Répercussions sur les jeunes travailleurs
Les jeunes travailleurs sont particulièrement vulnérables face à cette décision de l’administration fiscale. En effet, l’obligation de payer l’IRPF sur les 50 euros supplémentaires entraînera une perte nette importante dans leurs salaires. Selon les estimations, sur cette augmentation mensuelle, ils ne toucheront en réalité qu’un peu plus de 28 euros, tandis qu’environ 22 euros seront retenus par l’administration fiscale.
Profil des contribuables concernés
Le groupe le plus affecté par cette décision est celui des travailleurs célibataires sans enfants. Cela représente environ 540 000 salariés sur les plus de 2,7 millions qui perçoivent le SMIC. Ce groupe se caractérise par un minimum personnel de 5 550 euros, le plus bas du barème de l’impôt.
Pour d’autres catégories de contribuables, l’impact sera mitigé. Par exemple, un salarié ayant un enfant de moins de trois ans ne sera pas soumis à retenue fiscale, tandis qu’un contribuable avec un enfant plus âgé verra une réduction mensuelle de son salaire de seulement 43 euros.
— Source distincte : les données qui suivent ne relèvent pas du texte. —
-- ===== src/Lifecycle/Settling.antt =====
-- One level of the cascade of Lifecycle/Cascade.antt: if the calls that it makes end and move no
-- status back, then so does each of its parts. Lifecycle/Termination.antt closes the induction.
use debusine.Lifecycle.Reactions.{Reactions, IsQuiet}
use debusine.Lifecycle.Updates.{mark_pending, schedule_workflow_update}
use debusine.Lifecycle.Cascade.{
  Calls, unblock_reverse_dependencies, maybe_finish_workflow, finish_parent, in_progress, releases,
  react_to_result, after_abort, after_complete,
}
use Prim.Native.Nat.{ℕ}
use debusine.Prelude.{
  ℕ, Option, List, count, ◌<◌, ◌≤◌, ◌≡◌, arith, some, none, false, Bool, refl, true, All, filter,
  ◌≢◌, sym, ◌∙◌, All-map, filter-All, All-self,
}
use debusine.WorkRequests.{
  WorkRequest, Db, Keeps, Results, OutputData, Post-map, Post-choice, Keeps-bind, for_each-Post,
  is_blocked, fetch_parent-Post, EventName, Post-bind,
}
use debusine.Lifecycle.Live.{
  UniqueIds, live_without, is_live, LiveIn, Settles-live_without, Settles-UniqueIds, IsRow,
  IsRow-AtMost, IsRow-LiveIn, find-LiveIn, Settles-live, Ends,
}
use debusine.Lifecycle.Advance.{
  Settles, Settles-trans, Rows, Released, AtMost, Released-Settles, Rows-refl, Settles-refl, stage,
}
use debusine.Lifecycle.Parts.{IfLive, mark_pending-Released, react-Keeps, schedule-Settles}
use debusine.WorkRequests.Query.{
  has_incomplete_child, has_failed_child, can_be_automatically_unblocked, reverse_dependencies,
  can_be_unblocked, depends_on,
}

-- `calls` ends, with every status as far as it was or further, wherever fewer than `n` work requests
-- besides its own have not terminated; and what was aborted has terminated.
pub record Sound (n : ℕ) (calls : Calls) : Type 0 where
  pub aborts :
      (user : Option ℕ) (w : WorkRequest) (db : Db)
      → UniqueIds db.rows
      → live_without w.id db.rows < n
      → Keeps (λ rows. Settles db.rows rows × Ends w.id rows) (calls.mark_aborted user w db)
  pub completes :
      (result : Results) (output : Option OutputData) (w : WorkRequest) (db : Db)
      → result ≢ Results.no_result
      → UniqueIds db.rows
      → live_without w.id db.rows < n
      → Keeps (Settles db.rows) (calls.mark_completed result output w db)

in_progress-live : (db : Db) (w : WorkRequest) → in_progress db w ≡ false → is_live w ≡ true
in_progress-live db w h = ground arith

module _ (n : ℕ) {calls : Calls} (sound : Sound n calls) (rows : List WorkRequest)
    (unique : UniqueIds rows) (few : count is_live rows ≤ n) where
  -- A work request that was live in `rows` may be terminated later on.
  pub nested-lt :
      (w : WorkRequest) (db : Db)
      → Settles rows db.rows
      → LiveIn w.id rows
      → live_without w.id db.rows < n
  nested-lt w db s l = omega (arith, Settles-live_without w.id rows db.rows s l)

-- A property of the table that holds on when statuses move on.
abbrev pub IsStable : (List WorkRequest → Type 0) → Type 0
IsStable R = (xs ys : List WorkRequest) → Settles xs ys → R xs → R ys

module _ (n : ℕ) {calls : Calls} (sound : Sound n calls) (rows : List WorkRequest)
    (unique : UniqueIds rows) (few : count is_live rows ≤ n) (R : List WorkRequest → Type 0)
    (stable : IsStable R) where
  abort-Keeps :
      (user : Option ℕ) (w : WorkRequest) (db : Db)
      → LiveIn w.id rows
      → Settles rows db.rows
      → R db.rows
      → Keeps R (calls.mark_aborted user w db)
  abort-Keeps user w db l s k =
      Post-map (λ _ db'. Settles db.rows db'.rows × Ends w.id db'.rows) (λ _ db'. R db'.rows) _
        (sound.aborts user w db (Settles-UniqueIds rows db.rows s unique)
          (nested-lt n sound rows unique few w db s l))
        (λ _ db' t. stable db.rows db'.rows t.0 k)

  complete-Keeps :
      (result : Results) (output : Option OutputData) (w : WorkRequest) (db : Db)
      → result ≢ Results.no_result
      → LiveIn w.id rows
      → Settles rows db.rows
      → R db.rows
      → Keeps R (calls.mark_completed result output w db)
  complete-Keeps result output w db given l s k =
      Post-map (λ _ db'. Settles db.rows db'.rows) (λ _ db'. R db'.rows) _
        (sound.completes result output w db given (Settles-UniqueIds rows db.rows s unique)
          (nested-lt n sound rows unique few w db s l))
        (λ _ db' t. stable db.rows db'.rows t k)

  finish-Keeps :
      (w : WorkRequest) (db : Db)
      → IfLive rows w
      → Settles rows db.rows
      → R db.rows
      → Keeps R (maybe_finish_workflow calls w db)
  unfolding maybe_finish_workflow
  finish-Keeps w db l s k =
      Post-choice (λ _ db'. R db'.rows) (in_progress db w) _ _ (λ _. k)
        (λ active.
          let here = l (in_progress-live db w active) in
          let kept = λ (_ : WorkRequest × Bool) (db' : Db) (t : R db'.rows). t in
          Post-choice (λ _ db'. R db'.rows) (has_incomplete_child db w) _ _
            (λ _.
              Keeps-bind R (calls.mark_aborted none w db) _ (abort-Keeps none w db here s k) kept)
            (λ _.
              Post-choice (λ _ db'. R db'.rows) (has_failed_child db w) _ _
                (λ _.
                  Keeps-bind R (calls.mark_completed Results.failure none w db) _
                    (complete-Keeps Results.failure none w db (λ e. cc) here s k) kept)
                (λ _.
                  Keeps-bind R (calls.mark_completed Results.success none w db) _
                    (complete-Keeps Results.success none w db (λ e. cc) here s k) kept)))

  pub finish_parent-Keeps :
      (p : Option WorkRequest) (db : Db)
      → ((r : WorkRequest) → p ≡ some r → IfLive rows r)
      → Settles rows db.rows
      → R db.rows
      → Keeps R (finish_parent calls p db)
  finish_parent-Keeps none db l s k = k
  finish_parent-Keeps (some r) db l s k = finish-Keeps r db (l r refl) s k

auto-stage :
    (db : Db) (r : WorkRequest) → can_be_automatically_unblocked db r ≡ true → stage r.status ≤ 1
unfolding can_be_automatically_unblocked can_be_unblocked stage
auto-stage db r h = ground arith

blocked-live : (r : WorkRequest) → is_blocked r.status ≡ true → is_live r ≡ true
blocked-live r h = ground arith

-- The reverse dependencies that a queryset keeps are rows of the table.
reverse_dependencies-IsRow :
    (db : Db) (w : WorkRequest) → All (IsRow db.rows) (reverse_dependencies db w)
unfolding reverse_dependencies
reverse_dependencies-IsRow db w =
    All-map _ (IsRow db.rows) (reverse_dependencies db w) (λ r h. h.0)
      (filter-All (IsRow db.rows) (λ r. depends_on db.depends r.id w.id) db.rows (All-self db.rows))

ready-AtMost :
    (db : Db) (w : WorkRequest)
    → UniqueIds db.rows
    → All
        (λ r. AtMost r.id 1 db.rows)
        (filter (can_be_automatically_unblocked db) (reverse_dependencies db w))
ready-AtMost db w u =
    All-map _ (λ r. AtMost r.id 1 db.rows)
      (filter (can_be_automatically_unblocked db) (reverse_dependencies db w))
      (λ r h. IsRow-AtMost 1 db.rows r u h.0 (auto-stage db r h.1))
      (filter-All (IsRow db.rows) (can_be_automatically_unblocked db) (reverse_dependencies db w)
        (reverse_dependencies-IsRow db w))

pub blocked-LiveIn :
    (db : Db) (w : WorkRequest)
    → All (λ r. LiveIn r.id db.rows) (filter (λ r. is_blocked r.status) (reverse_dependencies db w))
blocked-LiveIn db w =
    All-map _ (λ r. LiveIn r.id db.rows)
      (filter (λ r. is_blocked r.status) (reverse_dependencies db w))
      (λ r h. IsRow-LiveIn db.rows r h.0 (blocked-live r h.1))
      (filter-All (IsRow db.rows) (λ r. is_blocked r.status) (reverse_dependencies db w)
        (reverse_dependencies-IsRow db w))

module _ {reactions : Reactions} (quiet : IsQuiet reactions) (n : ℕ) {calls : Calls}
    (sound : Sound n calls) where
  -- The reverse dependencies are read at the start; each is released or aborted in its turn.
  unblock-Settles :
      (w : WorkRequest) (db : Db)
      → UniqueIds db.rows
      → count is_live db.rows ≤ n
      → Keeps (Settles db.rows) (unblock_reverse_dependencies reactions calls w db)
  unfolding unblock_reverse_dependencies
  unblock-Settles w db u few =
      let rows : List WorkRequest = db.rows in
      Post-choice (λ _ db'. Settles rows db'.rows) (releases w) _ _
        (λ _.
          Post-map (λ _ db'. Rows Released rows db'.rows) (λ _ db'. Settles rows db'.rows) _
            (for_each-Post (λ db'. Rows Released rows db'.rows) (λ r. AtMost r.id 1 rows)
              (mark_pending reactions) _ (λ r db' a k. mark_pending-Released quiet rows r db' a k)
              (ready-AtMost db w u) db (Rows-refl Released (λ x. ground arith) rows))
            (λ _ db' k. Released-Settles rows db'.rows k))
        (λ _.
          for_each-Post (λ db'. Settles rows db'.rows) (λ r. LiveIn r.id rows)
            (calls.mark_aborted none) _
            (λ r db' l s.
              abort-Keeps n sound rows u few (Settles rows)
                (λ xs ys t k. Settles-trans rows xs ys k t) none r db' l s s)
            (blocked-LiveIn db w) db (Settles-refl rows))

  pub react-Settles :
      (R : List WorkRequest → Type 0) (result : Results) (w : WorkRequest) (db : Db)
      → result ≢ Results.no_result
      → R db.rows
      → Keeps R (react_to_result reactions result w db)
  react-Settles R Results.success w db given k = react-Keeps quiet R EventName.on_success w db k
  react-Settles R Results.failure w db given k = react-Keeps quiet R EventName.on_failure w db k
  react-Settles R Results.error w db given k = react-Keeps quiet R EventName.on_failure w db k
  react-Settles R Results.skipped w db given k = k
  react-Settles R Results.no_result w db given k = absurd (given refl)

  -- What follows the first write of `mark_aborted`.
  pub aborted-Settles :
      (stopped : WorkRequest) (db : Db)
      → stage stopped.status ≡ 2
      → UniqueIds db.rows
      → count is_live db.rows ≤ n
      → Keeps (Settles db.rows) (after_abort reactions calls stopped db)
  unfolding after_abort
  aborted-Settles stopped db t u few =
      let R = Settles db.rows in
      Keeps-bind R (unblock_reverse_dependencies reactions calls stopped db) _
        (unblock-Settles stopped db u few)
        (λ _ db2 s2.
          fetch_parent-Post (λ _ db'. R db'.rows) (IfLive db2.rows) stopped _ db2
            (λ k r e l. find-LiveIn k db2.rows r e l)
            (λ p live.
              Keeps-bind R (finish_parent calls p db2) _
                (finish_parent-Keeps n sound db2.rows (Settles-UniqueIds db.rows db2.rows s2 u)
                  (omega (arith, Settles-live db.rows db2.rows s2)) R
                  (λ xs ys t k. Settles-trans db.rows xs ys k t) p db2 live (Settles-refl db2.rows)
                  s2)
                (λ _ db3 s3.
                  Keeps-bind R (schedule_workflow_update p stopped db3) _
                    (Post-map (λ w' db'. Settles db3.rows db'.rows × (w'.result ≡ stopped.result))
                      (λ _ db'. R db'.rows) _ (schedule-Settles p stopped db3 t)
                      (λ _ db' s. Settles-trans db.rows db3.rows db'.rows s3 s.0))
                    (λ _ db4 s4. s4))))

  -- What follows the first write of `mark_completed`, from the statistics on.
  pub completed-Settles :
      (done : WorkRequest) (db : Db)
      → stage done.status ≡ 2
      → done.result ≢ Results.no_result
      → UniqueIds db.rows
      → count is_live db.rows ≤ n
      → Keeps (Settles db.rows) (after_complete reactions calls done db)
  unfolding after_complete
  completed-Settles done db t given u few =
      let R = Settles db.rows in
      fetch_parent-Post (λ _ db'. R db'.rows) (IfLive db.rows) done _ db
        (λ k r e l. find-LiveIn k db.rows r e l)
        (λ p live.
          Post-bind (λ w' db'. R db'.rows × (w'.result ≡ done.result)) (λ _ db'. R db'.rows)
            (schedule_workflow_update p done db) _ (schedule-Settles p done db t)
            (λ w' db2 (s2, same).
              Keeps-bind R (unblock_reverse_dependencies reactions calls w' db2) _
                (Post-map (λ _ db'. Settles db2.rows db'.rows) (λ _ db'. R db'.rows) _
                  (unblock-Settles w' db2 (Settles-UniqueIds db.rows db2.rows s2 u)
                    (omega (arith, Settles-live db.rows db2.rows s2)))
                  (λ _ db' s. Settles-trans db.rows db2.rows db'.rows s2 s))
                (λ _ db3 s3.
                  Keeps-bind R (react_to_result reactions w'.result w' db3) _
                    (react-Settles R w'.result w' db3 (λ e. given (sym same ∙ e)) s3)
                    (λ _ db4 s4.
                      Keeps-bind R (finish_parent calls p db4) _
                        (finish_parent-Keeps n sound db.rows u few R
                          (λ xs ys t k. Settles-trans db.rows xs ys k t) p db4 live s4 s4)
                        (λ _ db5 s5. s5)))))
La situation financière des jeunes
Cette mesure risque d’aggraver la situation économique des jeunes travailleurs, dont les salaires sont déjà faibles. En 2023, les moins de 24 ans touchaient en moyenne 1 387 euros par mois, selon l’Institut national de la statistique. Leur capacité à se loger et à s’indépendantiser est également mise à mal, beaucoup d’entre eux consacrant jusqu’à 60 % de leur revenu à leur loyer.
Justifications du gouvernement
Le gouvernement a justifié sa décision en affirmant que la majorité des travailleurs au SMIC continueront à ne pas être imposés. De plus, il a été signalé qu’aucune modification du seuil de non-imposition de l’IRPF n’était prévue. Pour que les salariés au SMIC ne soient pas soumis à une retenue, le seuil de revenu aurait dû être relevé à 16 576 euros, une mesure que le gouvernement n’a pas choisie d’appliquer.